Exercise requirements:
Once the line holding "(serve_all-Reach (catch_up w)" is found in the listing below, write it out and each later line exactly, up to and including the one holding "-- From the".

The input Block Start

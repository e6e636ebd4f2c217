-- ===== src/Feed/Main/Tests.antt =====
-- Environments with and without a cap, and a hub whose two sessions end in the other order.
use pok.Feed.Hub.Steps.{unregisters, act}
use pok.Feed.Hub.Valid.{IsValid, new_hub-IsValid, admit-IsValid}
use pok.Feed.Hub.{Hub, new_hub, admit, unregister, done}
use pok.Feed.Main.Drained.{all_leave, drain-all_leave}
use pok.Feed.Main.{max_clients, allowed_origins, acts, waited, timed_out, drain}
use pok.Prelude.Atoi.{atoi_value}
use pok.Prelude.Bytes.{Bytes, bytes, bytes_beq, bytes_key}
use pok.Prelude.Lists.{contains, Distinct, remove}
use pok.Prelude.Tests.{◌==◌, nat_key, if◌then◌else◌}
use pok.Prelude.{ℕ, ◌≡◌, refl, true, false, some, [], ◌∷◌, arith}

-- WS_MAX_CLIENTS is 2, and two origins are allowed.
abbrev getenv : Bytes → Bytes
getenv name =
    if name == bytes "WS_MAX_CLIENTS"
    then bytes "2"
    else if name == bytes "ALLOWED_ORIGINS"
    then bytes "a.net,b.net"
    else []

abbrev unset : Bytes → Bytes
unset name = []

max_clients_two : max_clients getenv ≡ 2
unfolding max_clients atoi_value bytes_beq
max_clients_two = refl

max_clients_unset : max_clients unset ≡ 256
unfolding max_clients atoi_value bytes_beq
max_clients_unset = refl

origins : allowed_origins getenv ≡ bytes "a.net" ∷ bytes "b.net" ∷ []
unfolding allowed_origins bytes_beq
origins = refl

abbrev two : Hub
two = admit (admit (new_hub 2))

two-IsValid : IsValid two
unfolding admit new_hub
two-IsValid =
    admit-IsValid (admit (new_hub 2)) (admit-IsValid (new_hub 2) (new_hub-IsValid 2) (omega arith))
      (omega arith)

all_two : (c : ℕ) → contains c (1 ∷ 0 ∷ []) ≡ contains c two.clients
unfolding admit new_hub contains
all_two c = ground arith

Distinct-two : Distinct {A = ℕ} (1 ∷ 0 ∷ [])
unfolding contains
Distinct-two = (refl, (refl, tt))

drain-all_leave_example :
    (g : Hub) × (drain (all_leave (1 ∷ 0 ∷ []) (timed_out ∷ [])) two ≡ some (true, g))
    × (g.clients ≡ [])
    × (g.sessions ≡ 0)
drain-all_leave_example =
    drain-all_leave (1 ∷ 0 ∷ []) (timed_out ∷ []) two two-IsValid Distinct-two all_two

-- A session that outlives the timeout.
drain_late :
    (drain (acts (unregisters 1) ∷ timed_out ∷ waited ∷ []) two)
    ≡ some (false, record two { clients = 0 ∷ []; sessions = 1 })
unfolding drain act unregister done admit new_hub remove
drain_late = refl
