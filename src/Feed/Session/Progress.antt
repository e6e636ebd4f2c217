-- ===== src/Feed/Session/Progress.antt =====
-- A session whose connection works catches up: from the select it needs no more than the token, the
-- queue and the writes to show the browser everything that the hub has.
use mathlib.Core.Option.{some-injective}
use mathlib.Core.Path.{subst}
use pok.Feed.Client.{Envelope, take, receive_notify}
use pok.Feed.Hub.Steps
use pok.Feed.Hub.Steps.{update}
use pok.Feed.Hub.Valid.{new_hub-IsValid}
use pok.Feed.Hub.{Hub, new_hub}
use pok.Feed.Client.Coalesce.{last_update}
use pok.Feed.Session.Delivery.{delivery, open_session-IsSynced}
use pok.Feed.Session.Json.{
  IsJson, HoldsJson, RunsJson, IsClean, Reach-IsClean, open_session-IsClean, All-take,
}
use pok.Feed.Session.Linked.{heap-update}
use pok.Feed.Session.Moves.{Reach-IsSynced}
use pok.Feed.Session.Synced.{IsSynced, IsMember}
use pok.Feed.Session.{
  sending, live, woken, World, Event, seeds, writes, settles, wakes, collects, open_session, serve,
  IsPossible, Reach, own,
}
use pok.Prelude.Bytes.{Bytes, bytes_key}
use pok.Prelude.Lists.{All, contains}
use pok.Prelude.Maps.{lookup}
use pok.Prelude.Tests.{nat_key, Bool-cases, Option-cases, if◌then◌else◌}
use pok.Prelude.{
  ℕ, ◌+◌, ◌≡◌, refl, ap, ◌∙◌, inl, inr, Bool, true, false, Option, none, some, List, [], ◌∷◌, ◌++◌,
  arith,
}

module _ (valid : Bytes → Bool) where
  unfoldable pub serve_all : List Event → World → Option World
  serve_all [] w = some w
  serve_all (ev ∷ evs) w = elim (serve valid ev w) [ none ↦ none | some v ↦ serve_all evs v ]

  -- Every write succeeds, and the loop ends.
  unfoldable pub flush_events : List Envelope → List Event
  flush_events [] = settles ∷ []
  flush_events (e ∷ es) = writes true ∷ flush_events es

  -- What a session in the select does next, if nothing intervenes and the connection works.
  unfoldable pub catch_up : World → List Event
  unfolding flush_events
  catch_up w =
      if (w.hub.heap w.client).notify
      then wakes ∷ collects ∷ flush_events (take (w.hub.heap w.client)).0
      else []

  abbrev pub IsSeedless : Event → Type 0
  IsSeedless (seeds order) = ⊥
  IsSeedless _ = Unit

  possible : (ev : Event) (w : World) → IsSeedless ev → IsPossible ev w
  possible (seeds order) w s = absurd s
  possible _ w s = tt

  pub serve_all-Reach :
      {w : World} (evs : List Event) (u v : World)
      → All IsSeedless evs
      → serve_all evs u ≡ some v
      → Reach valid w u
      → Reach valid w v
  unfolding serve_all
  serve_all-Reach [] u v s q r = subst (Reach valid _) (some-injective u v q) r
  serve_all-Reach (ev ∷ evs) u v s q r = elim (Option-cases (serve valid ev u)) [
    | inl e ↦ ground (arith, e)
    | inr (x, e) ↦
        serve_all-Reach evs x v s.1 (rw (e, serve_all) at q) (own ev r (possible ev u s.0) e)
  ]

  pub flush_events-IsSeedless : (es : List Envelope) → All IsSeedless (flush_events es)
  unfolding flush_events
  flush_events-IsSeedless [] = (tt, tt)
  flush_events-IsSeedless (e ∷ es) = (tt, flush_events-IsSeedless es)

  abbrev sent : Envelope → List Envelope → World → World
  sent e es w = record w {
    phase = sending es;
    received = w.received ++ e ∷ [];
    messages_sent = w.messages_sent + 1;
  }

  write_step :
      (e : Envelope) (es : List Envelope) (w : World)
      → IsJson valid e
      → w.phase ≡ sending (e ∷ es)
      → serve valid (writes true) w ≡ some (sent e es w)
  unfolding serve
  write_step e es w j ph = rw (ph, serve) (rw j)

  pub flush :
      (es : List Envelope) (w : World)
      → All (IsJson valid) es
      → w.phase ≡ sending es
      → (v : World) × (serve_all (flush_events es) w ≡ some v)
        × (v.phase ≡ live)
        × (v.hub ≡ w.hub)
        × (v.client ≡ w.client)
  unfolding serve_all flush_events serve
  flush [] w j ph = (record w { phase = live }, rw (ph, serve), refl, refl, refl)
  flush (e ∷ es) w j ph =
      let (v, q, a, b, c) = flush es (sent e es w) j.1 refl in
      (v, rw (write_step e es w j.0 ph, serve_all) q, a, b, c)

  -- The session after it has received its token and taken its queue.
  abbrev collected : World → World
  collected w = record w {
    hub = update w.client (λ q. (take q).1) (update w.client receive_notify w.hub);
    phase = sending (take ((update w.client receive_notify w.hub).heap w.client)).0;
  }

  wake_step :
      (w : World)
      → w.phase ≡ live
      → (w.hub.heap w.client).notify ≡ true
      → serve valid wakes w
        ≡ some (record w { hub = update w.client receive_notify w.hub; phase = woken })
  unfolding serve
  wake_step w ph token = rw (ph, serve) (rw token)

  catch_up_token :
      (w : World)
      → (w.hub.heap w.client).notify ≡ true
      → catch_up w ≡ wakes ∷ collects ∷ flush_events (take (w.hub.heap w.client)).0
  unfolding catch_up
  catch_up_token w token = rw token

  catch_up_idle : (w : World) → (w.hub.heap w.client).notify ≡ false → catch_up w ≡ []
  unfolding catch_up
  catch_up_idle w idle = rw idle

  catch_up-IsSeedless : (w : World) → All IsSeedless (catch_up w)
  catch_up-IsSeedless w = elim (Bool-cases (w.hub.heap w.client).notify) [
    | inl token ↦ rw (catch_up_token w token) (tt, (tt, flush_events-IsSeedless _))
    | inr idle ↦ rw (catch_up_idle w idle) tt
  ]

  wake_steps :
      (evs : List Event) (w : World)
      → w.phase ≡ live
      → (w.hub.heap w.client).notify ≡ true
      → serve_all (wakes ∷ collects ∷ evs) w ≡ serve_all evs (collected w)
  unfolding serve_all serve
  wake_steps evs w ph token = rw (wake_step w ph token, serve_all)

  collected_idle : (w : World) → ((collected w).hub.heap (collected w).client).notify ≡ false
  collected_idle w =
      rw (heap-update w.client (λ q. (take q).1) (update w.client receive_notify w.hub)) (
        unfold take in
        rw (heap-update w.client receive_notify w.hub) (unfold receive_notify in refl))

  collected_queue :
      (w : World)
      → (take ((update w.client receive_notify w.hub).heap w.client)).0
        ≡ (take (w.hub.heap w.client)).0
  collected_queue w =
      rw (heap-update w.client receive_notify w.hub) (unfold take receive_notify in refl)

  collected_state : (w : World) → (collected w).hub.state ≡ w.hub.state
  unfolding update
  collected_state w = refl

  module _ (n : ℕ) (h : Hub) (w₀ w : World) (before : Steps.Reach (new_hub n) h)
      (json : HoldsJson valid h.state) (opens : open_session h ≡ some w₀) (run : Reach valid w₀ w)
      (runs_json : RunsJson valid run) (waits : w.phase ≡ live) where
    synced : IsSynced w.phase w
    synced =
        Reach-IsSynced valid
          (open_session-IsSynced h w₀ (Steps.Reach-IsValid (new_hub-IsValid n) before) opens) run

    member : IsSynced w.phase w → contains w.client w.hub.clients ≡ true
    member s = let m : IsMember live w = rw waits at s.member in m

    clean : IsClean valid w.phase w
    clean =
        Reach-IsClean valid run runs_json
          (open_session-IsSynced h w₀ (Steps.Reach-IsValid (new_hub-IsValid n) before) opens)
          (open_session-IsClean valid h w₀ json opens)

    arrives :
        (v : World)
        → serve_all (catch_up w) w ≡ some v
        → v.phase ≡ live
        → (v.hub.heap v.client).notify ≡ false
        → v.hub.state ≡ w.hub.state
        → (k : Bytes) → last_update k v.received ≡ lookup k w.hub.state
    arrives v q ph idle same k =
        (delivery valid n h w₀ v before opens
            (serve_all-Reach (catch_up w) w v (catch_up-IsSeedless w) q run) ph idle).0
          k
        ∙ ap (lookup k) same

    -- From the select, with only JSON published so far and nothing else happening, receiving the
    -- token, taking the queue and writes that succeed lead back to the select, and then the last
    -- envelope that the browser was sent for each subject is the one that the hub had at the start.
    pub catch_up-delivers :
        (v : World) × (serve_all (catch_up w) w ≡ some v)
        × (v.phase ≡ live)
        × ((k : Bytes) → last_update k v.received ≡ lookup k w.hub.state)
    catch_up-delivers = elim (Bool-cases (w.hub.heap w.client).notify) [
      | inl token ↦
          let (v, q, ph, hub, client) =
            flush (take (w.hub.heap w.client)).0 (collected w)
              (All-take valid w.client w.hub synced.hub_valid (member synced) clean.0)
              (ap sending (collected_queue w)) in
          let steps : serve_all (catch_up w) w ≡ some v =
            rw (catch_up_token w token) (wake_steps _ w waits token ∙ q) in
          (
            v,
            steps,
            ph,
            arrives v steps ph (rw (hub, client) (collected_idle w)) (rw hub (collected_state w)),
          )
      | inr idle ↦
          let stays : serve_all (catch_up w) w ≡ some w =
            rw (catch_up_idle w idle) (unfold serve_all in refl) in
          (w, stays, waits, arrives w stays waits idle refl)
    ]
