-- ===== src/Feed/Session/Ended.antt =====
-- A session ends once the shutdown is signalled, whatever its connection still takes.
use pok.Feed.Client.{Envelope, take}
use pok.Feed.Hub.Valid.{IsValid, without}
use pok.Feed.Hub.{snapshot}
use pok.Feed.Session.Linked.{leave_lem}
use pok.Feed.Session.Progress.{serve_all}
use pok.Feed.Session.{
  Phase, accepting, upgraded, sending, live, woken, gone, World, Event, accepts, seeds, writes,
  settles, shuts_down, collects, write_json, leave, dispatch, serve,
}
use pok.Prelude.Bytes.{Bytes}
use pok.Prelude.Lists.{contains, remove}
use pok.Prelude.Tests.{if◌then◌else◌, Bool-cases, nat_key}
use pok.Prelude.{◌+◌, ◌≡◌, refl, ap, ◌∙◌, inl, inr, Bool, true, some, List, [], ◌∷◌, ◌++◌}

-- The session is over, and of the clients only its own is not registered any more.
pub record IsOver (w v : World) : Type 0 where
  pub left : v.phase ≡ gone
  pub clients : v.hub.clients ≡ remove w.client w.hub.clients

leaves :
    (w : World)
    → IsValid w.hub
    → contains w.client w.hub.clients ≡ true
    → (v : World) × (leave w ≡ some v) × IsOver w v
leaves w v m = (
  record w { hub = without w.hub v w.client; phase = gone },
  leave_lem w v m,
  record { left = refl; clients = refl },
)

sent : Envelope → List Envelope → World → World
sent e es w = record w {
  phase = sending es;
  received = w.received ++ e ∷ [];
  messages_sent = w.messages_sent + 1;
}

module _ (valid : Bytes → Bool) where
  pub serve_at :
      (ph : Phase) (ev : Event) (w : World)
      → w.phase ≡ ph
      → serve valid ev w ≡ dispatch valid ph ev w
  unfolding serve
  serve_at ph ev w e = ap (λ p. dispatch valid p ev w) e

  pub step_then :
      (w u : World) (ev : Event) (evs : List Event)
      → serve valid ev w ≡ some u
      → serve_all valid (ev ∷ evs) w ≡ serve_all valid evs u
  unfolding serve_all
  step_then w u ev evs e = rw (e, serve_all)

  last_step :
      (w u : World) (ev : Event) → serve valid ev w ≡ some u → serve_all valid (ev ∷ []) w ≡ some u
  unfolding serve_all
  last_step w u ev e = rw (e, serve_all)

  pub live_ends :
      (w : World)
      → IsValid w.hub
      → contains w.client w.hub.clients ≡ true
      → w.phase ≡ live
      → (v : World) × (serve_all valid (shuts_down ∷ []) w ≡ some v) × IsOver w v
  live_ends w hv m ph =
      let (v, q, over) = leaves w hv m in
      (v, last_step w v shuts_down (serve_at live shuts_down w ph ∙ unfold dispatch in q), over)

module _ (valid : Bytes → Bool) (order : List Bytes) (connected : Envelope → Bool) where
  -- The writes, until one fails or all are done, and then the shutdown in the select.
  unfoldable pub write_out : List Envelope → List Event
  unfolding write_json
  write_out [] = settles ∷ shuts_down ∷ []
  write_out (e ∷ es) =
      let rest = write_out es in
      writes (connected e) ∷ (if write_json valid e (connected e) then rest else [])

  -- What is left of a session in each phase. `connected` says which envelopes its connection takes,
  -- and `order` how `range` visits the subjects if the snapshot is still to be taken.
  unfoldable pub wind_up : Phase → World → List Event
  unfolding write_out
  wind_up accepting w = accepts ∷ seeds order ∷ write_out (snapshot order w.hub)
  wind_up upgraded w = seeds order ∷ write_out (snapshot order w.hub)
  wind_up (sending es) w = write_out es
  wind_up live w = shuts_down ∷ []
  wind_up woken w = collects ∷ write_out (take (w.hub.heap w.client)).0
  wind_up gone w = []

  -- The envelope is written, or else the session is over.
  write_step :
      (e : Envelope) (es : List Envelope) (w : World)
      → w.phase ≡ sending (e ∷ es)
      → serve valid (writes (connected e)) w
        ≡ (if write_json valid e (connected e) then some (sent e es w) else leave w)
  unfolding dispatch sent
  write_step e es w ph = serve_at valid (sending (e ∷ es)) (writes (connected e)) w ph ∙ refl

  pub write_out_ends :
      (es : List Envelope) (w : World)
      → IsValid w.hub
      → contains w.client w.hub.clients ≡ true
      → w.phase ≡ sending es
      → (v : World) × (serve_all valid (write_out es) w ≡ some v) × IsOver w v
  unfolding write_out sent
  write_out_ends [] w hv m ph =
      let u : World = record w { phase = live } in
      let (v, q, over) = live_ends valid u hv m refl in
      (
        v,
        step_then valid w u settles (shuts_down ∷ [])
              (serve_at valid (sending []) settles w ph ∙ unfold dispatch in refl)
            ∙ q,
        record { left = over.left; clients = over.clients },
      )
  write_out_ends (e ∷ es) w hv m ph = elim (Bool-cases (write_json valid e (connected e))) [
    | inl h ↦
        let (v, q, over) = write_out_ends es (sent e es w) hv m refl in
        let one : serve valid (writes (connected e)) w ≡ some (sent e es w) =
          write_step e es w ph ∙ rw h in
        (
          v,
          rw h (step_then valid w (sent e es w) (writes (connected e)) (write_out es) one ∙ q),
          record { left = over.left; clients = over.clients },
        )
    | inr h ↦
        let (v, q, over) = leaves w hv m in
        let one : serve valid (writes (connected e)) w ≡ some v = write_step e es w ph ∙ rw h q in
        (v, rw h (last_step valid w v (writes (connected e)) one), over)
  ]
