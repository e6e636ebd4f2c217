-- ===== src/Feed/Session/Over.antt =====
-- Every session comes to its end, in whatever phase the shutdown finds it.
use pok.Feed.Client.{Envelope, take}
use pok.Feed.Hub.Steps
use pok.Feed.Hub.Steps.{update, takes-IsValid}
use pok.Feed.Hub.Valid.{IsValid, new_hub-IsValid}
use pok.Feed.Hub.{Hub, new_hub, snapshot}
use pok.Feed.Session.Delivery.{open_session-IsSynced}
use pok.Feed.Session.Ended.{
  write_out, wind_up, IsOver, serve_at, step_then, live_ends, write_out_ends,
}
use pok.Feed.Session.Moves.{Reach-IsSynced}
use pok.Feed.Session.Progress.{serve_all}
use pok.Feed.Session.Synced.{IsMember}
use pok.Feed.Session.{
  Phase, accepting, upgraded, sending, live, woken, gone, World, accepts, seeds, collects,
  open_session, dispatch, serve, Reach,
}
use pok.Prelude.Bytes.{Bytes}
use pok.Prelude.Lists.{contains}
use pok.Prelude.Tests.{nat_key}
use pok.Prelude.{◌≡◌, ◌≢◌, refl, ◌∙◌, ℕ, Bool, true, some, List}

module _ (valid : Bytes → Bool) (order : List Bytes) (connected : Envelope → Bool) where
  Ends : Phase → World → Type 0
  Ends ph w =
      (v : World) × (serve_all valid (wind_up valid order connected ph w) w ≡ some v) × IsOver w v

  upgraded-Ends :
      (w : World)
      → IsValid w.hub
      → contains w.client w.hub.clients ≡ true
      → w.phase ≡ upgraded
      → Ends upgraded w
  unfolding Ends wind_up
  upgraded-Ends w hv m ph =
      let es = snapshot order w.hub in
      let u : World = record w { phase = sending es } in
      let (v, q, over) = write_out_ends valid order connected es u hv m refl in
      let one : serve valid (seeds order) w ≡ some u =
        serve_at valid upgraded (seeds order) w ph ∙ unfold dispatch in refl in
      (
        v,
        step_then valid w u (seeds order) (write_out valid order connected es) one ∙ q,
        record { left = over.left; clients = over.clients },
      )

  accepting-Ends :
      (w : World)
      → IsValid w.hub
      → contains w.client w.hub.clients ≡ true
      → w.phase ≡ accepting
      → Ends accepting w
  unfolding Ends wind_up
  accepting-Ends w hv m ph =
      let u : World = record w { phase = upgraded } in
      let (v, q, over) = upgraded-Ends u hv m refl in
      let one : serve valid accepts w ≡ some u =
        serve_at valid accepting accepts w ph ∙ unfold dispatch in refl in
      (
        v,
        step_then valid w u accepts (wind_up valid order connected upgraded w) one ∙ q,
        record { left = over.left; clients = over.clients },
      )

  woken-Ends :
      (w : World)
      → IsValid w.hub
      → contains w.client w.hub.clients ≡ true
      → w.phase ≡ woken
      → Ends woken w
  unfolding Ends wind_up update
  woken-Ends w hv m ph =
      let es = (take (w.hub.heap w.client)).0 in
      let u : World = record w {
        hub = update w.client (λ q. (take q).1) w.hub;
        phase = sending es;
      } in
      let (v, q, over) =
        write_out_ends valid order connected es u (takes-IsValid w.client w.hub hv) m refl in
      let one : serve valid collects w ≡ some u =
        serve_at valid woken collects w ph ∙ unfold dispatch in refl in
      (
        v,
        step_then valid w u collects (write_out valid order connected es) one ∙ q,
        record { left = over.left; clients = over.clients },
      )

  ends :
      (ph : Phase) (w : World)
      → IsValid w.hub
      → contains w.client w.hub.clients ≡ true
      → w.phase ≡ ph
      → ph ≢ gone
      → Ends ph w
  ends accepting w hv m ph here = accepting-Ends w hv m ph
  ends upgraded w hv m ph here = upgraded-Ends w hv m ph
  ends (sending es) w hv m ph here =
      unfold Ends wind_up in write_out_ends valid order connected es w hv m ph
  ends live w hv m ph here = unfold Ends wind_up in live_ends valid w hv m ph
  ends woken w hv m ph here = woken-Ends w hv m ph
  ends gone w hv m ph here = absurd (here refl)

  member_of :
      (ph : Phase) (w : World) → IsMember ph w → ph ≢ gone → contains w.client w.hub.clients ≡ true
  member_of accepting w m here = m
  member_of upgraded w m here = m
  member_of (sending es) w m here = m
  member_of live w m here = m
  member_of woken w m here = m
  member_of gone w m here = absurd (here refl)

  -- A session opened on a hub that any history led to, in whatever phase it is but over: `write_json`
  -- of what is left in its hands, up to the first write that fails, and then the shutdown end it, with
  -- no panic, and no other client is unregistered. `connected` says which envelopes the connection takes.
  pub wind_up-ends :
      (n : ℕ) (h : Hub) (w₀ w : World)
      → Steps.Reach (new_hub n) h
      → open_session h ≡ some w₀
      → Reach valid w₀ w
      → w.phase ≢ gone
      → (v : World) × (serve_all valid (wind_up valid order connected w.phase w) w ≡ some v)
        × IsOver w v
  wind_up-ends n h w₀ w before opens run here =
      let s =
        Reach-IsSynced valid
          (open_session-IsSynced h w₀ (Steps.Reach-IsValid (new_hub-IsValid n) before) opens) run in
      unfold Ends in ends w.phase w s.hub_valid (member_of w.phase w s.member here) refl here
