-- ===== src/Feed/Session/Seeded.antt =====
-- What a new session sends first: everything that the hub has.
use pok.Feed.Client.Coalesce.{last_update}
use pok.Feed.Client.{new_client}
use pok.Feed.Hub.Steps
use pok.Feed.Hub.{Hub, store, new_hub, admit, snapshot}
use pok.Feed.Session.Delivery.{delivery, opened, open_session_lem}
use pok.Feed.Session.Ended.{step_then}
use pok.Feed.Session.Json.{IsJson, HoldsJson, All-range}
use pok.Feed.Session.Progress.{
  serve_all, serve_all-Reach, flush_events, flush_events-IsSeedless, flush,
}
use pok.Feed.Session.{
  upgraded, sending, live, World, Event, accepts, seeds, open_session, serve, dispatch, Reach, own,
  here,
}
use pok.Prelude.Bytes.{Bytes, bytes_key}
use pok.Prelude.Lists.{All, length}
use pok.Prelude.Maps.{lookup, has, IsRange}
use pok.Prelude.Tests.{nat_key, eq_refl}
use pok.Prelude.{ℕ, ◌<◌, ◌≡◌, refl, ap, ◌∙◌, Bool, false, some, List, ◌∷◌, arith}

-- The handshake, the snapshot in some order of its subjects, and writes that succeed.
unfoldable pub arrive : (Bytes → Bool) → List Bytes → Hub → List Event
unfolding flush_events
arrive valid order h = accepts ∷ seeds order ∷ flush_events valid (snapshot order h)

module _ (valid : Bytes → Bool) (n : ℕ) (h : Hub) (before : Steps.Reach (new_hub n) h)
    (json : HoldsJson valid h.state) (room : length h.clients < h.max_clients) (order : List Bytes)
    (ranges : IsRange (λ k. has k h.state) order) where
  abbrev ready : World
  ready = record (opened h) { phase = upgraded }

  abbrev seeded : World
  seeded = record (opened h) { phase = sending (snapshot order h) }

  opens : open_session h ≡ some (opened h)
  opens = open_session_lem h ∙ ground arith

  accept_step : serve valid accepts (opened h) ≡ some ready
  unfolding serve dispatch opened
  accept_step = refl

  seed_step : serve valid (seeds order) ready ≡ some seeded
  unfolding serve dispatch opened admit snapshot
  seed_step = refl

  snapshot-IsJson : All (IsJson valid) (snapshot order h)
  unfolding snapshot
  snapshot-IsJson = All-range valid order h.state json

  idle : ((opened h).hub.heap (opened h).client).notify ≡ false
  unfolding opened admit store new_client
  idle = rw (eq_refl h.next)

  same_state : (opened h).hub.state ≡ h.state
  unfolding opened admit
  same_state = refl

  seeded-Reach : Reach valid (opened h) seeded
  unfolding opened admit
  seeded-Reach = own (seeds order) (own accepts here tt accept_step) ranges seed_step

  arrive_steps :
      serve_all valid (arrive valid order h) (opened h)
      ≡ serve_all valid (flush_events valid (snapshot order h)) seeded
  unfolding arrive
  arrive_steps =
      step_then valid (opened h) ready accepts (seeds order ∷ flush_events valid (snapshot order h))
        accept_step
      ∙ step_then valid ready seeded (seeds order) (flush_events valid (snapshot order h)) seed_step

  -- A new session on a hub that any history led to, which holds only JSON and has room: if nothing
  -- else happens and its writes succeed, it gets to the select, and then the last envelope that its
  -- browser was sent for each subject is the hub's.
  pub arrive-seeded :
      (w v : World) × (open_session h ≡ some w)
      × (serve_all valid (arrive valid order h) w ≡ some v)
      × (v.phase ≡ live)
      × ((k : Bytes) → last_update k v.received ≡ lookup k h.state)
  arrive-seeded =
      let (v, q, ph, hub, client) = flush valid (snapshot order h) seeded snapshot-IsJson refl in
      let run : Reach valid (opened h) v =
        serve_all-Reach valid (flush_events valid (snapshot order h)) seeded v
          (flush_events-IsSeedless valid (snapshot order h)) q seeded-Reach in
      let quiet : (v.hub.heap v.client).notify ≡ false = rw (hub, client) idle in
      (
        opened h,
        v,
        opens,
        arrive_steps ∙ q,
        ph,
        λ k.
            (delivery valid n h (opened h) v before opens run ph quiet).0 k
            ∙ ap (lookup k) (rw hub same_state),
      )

The input Block End

Response to the task:
            (serve_all-Reach (catch_up w) w v (catch_up-IsSeedless w) q run) ph idle).0
          k
        ∙ ap (lookup k) same

    -- From the select, with only JSON published so far and nothing else happening, receiving the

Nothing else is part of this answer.